To index a genome collection, run the sketch_genomes tool:
Inputs:
-
genomes: A folder containing the genomes to sketch -
recursive: Whether or not to include files in subdirectories -
sketch_folder: Output folder for the combined sketches of all genomes -
sketch_size: Number of k-mers to include in each sketch -
kmer_size: Length of k-mers used for sketching -
gencode: Genetic code to use for conceptual translation of genome sequences
Outputs:
-
combined_genomes.msh: The combined sketches of all genomes in the collection -
combined_genomes.txt: Text file containing the full path of all genomes which were indexed
To search an indexed genome collection, run the search_sketches tools:
Inputs:
-
query: Protein sequence(s) to search against those genomes (in FASTA format); Multiple files may be specified with wildcard characters -
genome_sketches: Single file containing all of the genome sketches to search against (combined_genomes.msh) -
search_results: Output folder used to write results -
kmer_size: Length of k-mers used for sketching. Must match the value used to sketch genomes. -
sketch_size: Number of k-mers to include in the query for each sketch
Outputs:
-
*.dists.csv: For each of thequeryinput sequences, an output file will be created in CSV format with the 'mash_distance' and number of matching k-mers.

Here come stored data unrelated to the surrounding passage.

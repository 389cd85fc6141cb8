-- ===== src/Kernel/Aspace/Sharing.antt =====
-- A clone of an area: the object parts of area_clone and area_destroy of kernel/aspace.c.
use openblt.Prelude.{
  ℕ, ◌+◌, ◌-◌, ◌%◌, ◌^◌, ◌<◌, ◌==◌, ◌≡◌, ◌≢◌, refl, false, [], ◌∷◌, ◌++◌, arith, has, length,
  ==_refl,
}
use openblt.Kernel.Aspace.{Vm, ptab_of, share, detach, map_shared}
use openblt.Kernel.Aspace.Span.{IsVacant}
use openblt.Kernel.Aspace.Mapping.{Mapped, map_shared-Mapped, clr-Mapped}
use openblt.Kernel.Aspace.Roundtrip.{erase-last}

-- The memory `u` is `m` with the pages of the area mapped once more, at `at` in the space.
pub record Shared (aspace area copy at : ℕ) (m u : Vm) : Type 0 where
  pub mapped : Mapped at (m.group (m.area area).pgroup).pages (ptab_of aspace m) (ptab_of aspace u)
  pub tables : (a : ℕ) → (a == (m.aspace aspace).ptab) ≡ false → u.table a ≡ m.table a
  pub new_area : u.area copy ≡ record {
    pgroup = (m.area area).pgroup;
    virt_addr = at;
    length = (m.area area).length;
    maxlength = (m.area area).maxlength;
  }
  pub counted :
      (u.group (m.area area).pgroup).refcount
      ≡ ((m.group (m.area area).pgroup).refcount + 1) % 2 ^ 32
  pub free : u.space.pages ≡ m.space.pages
  pub areas : (u.aspace aspace).areas ≡ (m.aspace aspace).areas ++ copy ∷ []

module _ (aspace area copy at : ℕ) (m : Vm)
    (whole : (m.area area).length ≡ length (m.group (m.area area).pgroup).pages) where
  pub share-Shared : Shared aspace area copy at m (share aspace area copy at m)
  unfolding share
  share-Shared = record {
    mapped =
        rw (==_refl aspace, ==_refl (m.aspace aspace).ptab, whole)
          (map_shared-Mapped (m.group (m.area area).pgroup).pages at (ptab_of aspace m));
    tables = λ a n. rw n refl;
    new_area = rw (==_refl copy) refl;
    counted = rw (==_refl (m.area area).pgroup) refl;
    free = refl;
    areas = rw (==_refl aspace) refl;
  }

  refcount_back : (n : ℕ) → n + 1 < 2 ^ 32 → ((n + 1) % 2 ^ 32 + (2 ^ 32 - 1)) % 2 ^ 32 ≡ n
  refcount_back n h = omega (arith, h)

  -- Where area_clone maps the pages of a whole area over a span that was not mapped, under an
  -- object that is neither in the group nor in the space, while the group has between 1 and 2^32 -
  -- 2 references, and area_destroy then unmaps the clone, the page table and the areas of the space
  -- and the group are as before, and no page is released.
  pub detach-share :
      IsVacant (ptab_of aspace m) at (m.area area).length
      → (m.group (m.area area).pgroup).refcount ≢ 0
      → (m.group (m.area area).pgroup).refcount + 1 < 2 ^ 32
      → has copy (m.group (m.area area).pgroup).areas ≡ false
      → has copy (m.aspace aspace).areas ≡ false
      → ((detach aspace copy (share aspace area copy at m)).space.pages ≡ m.space.pages)
        × ((j : ℕ)
            → ptab_of aspace (detach aspace copy (share aspace area copy at m)) j
              ≡ ptab_of aspace m j)
        × (((detach aspace copy (share aspace area copy at m)).aspace aspace).areas
            ≡ (m.aspace aspace).areas)
        × ((detach aspace copy (share aspace area copy at m)).group (m.area area).pgroup
            ≡ m.group (m.area area).pgroup)
  unfolding share detach
  detach-share vacant used few new_in_group new_in_space =
      let g = (m.area area).pgroup in
      let still : ((m.group g).refcount == 0) ≡ false = ground (arith, used) in
      rw (==_refl copy, ==_refl g, refcount_back (m.group g).refcount few, still)
        (
          refl,
          λ j.
              rw (==_refl aspace, ==_refl (m.aspace aspace).ptab, whole)
                (clr-Mapped at (m.group g).pages (ptab_of aspace m)
                  (map_shared (length (m.group g).pages) (m.group g).pages at (ptab_of aspace m))
                  (map_shared-Mapped (m.group g).pages at (ptab_of aspace m)) (rw whole at vacant)
                  j),
          rw (==_refl aspace) (erase-last (m.aspace aspace).areas copy new_in_space),
          rw (==_refl g, erase-last (m.group g).areas copy new_in_group) refl,
        )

The primary output of the search_sketches tool is a CSV file with the number of matching k-mers as well as
the 'mash_distance' for the comparison. This metric takes into account the differences in sequence size between
the query and the reference in order to estimate the sequence similarity of the original source genomes.

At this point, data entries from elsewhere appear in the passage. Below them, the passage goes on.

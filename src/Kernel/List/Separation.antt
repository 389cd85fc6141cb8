-- ===== src/Kernel/List/Separation.antt =====
-- Two lists of kernel/list.c in one memory.
use openblt.Prelude.{
  ℕ, ◌≡◌, refl, true, false, List, [], ◌∷◌, ◌++◌, arith, has, has-ne, ==_refl, ◌∙◌,
}
use openblt.Kernel.List.{Ptr, Heap, list_attach_tail, list_detach_head, unlink}
use openblt.Kernel.List.Ring.{
  IsRing, items, first, last, next-first, prev-last, has-last, IsRing-frame,
}
use openblt.Kernel.List.Ends.{attach_tail-IsRing}
use openblt.Kernel.List.Sequence.{Holds, items-append, items-same}
use openblt.Kernel.List.Taking.{list_detach_head-cons, head_ne}

-- No address of one ring is an address of the other.
abbrev pub Apart : List Ptr → List Ptr → Type 0
Apart xs ys = (p : Ptr) → has p xs ≡ true → has p ys ≡ false

has-first : (a : Ptr) (xs : List Ptr) → has (first xs a) (a ∷ xs) ≡ true
has-first a [] = ground (arith, ==_refl a)
has-first a (x ∷ xs) = ground (arith, ==_refl x)

-- Appending to one list spares another.
pub attach_tail-spares :
    (h : Heap) (dst : Ptr) (ys : List Ptr) (node src : Ptr) (xs : List Ptr) (ds : List ℕ)
    → IsRing h dst ys
    → Holds h src xs ds
    → Apart (src ∷ xs) (node ∷ dst ∷ ys)
    → Holds (list_attach_tail dst node h) src xs ds
unfolding list_attach_tail
attach_tail-spares h dst ys node src xs ds w v apart = record {
  ring =
      IsRing-frame h (list_attach_tail dst node h) src xs
        (λ p m.
          let last_ne =
            has-ne p (last dst ys) (dst ∷ ys) (ground (arith, apart p m)) (has-last dst ys) in
          (
            ground (arith, apart p m, last_ne, prev-last h dst ys dst w.links),
            ground (arith, apart p m),
          ))
        (ground (arith, apart src, ==_refl src)) v.ring;
  contents = items-same h (list_attach_tail dst node h) xs (λ p m. refl) ∙ v.contents;
}

module _ (h : Heap) (src : Ptr) (x : Ptr) (xs : List Ptr) (d : ℕ) (ds : List ℕ)
    (v : Holds h src (x ∷ xs) (d ∷ ds)) (dst : Ptr) (ys : List Ptr) (es : List ℕ)
    (w : Holds h dst ys es) (apart : Apart (src ∷ x ∷ xs) (dst ∷ ys)) where
  detach_head_unlinks : (list_detach_head src h).0 ≡ unlink src x h
  unfolding list_detach_head
  detach_head_unlinks = rw (v.ring.links.0, head_ne h src x xs v.ring)

  src_free : has src (dst ∷ ys) ≡ false
  src_free = apart src (ground (arith, ==_refl src))

  x_free : has x (dst ∷ ys) ≡ false
  x_free = apart x (ground (arith, ==_refl x))

  first_free : has (first xs src) (dst ∷ ys) ≡ false
  first_free = apart (first xs src) (ground (arith, has-first src xs))

  next_x : h.next x ≡ first xs src
  next_x = next-first h x xs src v.ring.links.2

  -- Taking the head off one list spares the other.
  pub unlink-spares : Holds (unlink src x h) dst ys es
  unfolding unlink
  unlink-spares = record {
    ring =
        IsRing-frame h (unlink src x h) dst ys
          (λ p m. (
            ground (arith, v.ring.links.1, has-ne src p (dst ∷ ys) src_free m),
            ground (arith, next_x, has-ne (first xs src) p (dst ∷ ys) first_free m),
          ))
          (ground (arith, src_free)) w.ring;
    contents = items-same h (unlink src x h) ys (λ p m. refl) ∙ w.contents;
  }

  abbrev g : Heap
  g = unlink src x h

  rest : Holds g src xs ds
  rest = rw detach_head_unlinks at (list_detach_head-cons h src x xs d ds v).rest

  tail_items :
      items (list_attach_tail dst x g) ys ++ items (list_attach_tail dst x g) (x ∷ [])
      ≡ es ++ d ∷ []
  unfolding list_attach_tail unlink
  tail_items =
      ground
        (arith, items-same h (list_attach_tail dst x g) ys (λ p m. refl), w.contents, v.contents)

  -- Of two lists in one memory that share no address, where the first has an item, list_detach_head
  -- of the first and list_attach_tail of its node to the second leave two lists: the first without
  -- its first item, the second with that item behind its own.
  pub requeue :
      let after = list_attach_tail dst x (list_detach_head src h).0 in
      Holds after src xs ds × Holds after dst (ys ++ x ∷ []) (es ++ d ∷ [])
  requeue = rw detach_head_unlinks (
    attach_tail-spares g dst ys x src xs ds unlink-spares.ring rest (λ p m.
        ground
          (arith, apart p, has-ne x p (src ∷ xs), head_ne h src x xs v.ring, v.ring.distinct, m)),
    record {
      ring = attach_tail-IsRing g dst x ys unlink-spares.ring x_free;
      contents = items-append (list_attach_tail dst x g) ys (x ∷ []) ∙ tail_items;
    },
  )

In practical evaluations, the 'mash_distance' is correlated closely with average nucleotide identity, although
many of those assumptions may not be valid when searching a small number of protein coding sequences against
incompletely-annotated bacterial genomes.
For more details on this distance metric, read through the official documentation.
The most prudent use of this tool is to quickly identify specific genomes which may then be searched more exhaustively with the tool for aligning genes to genomes.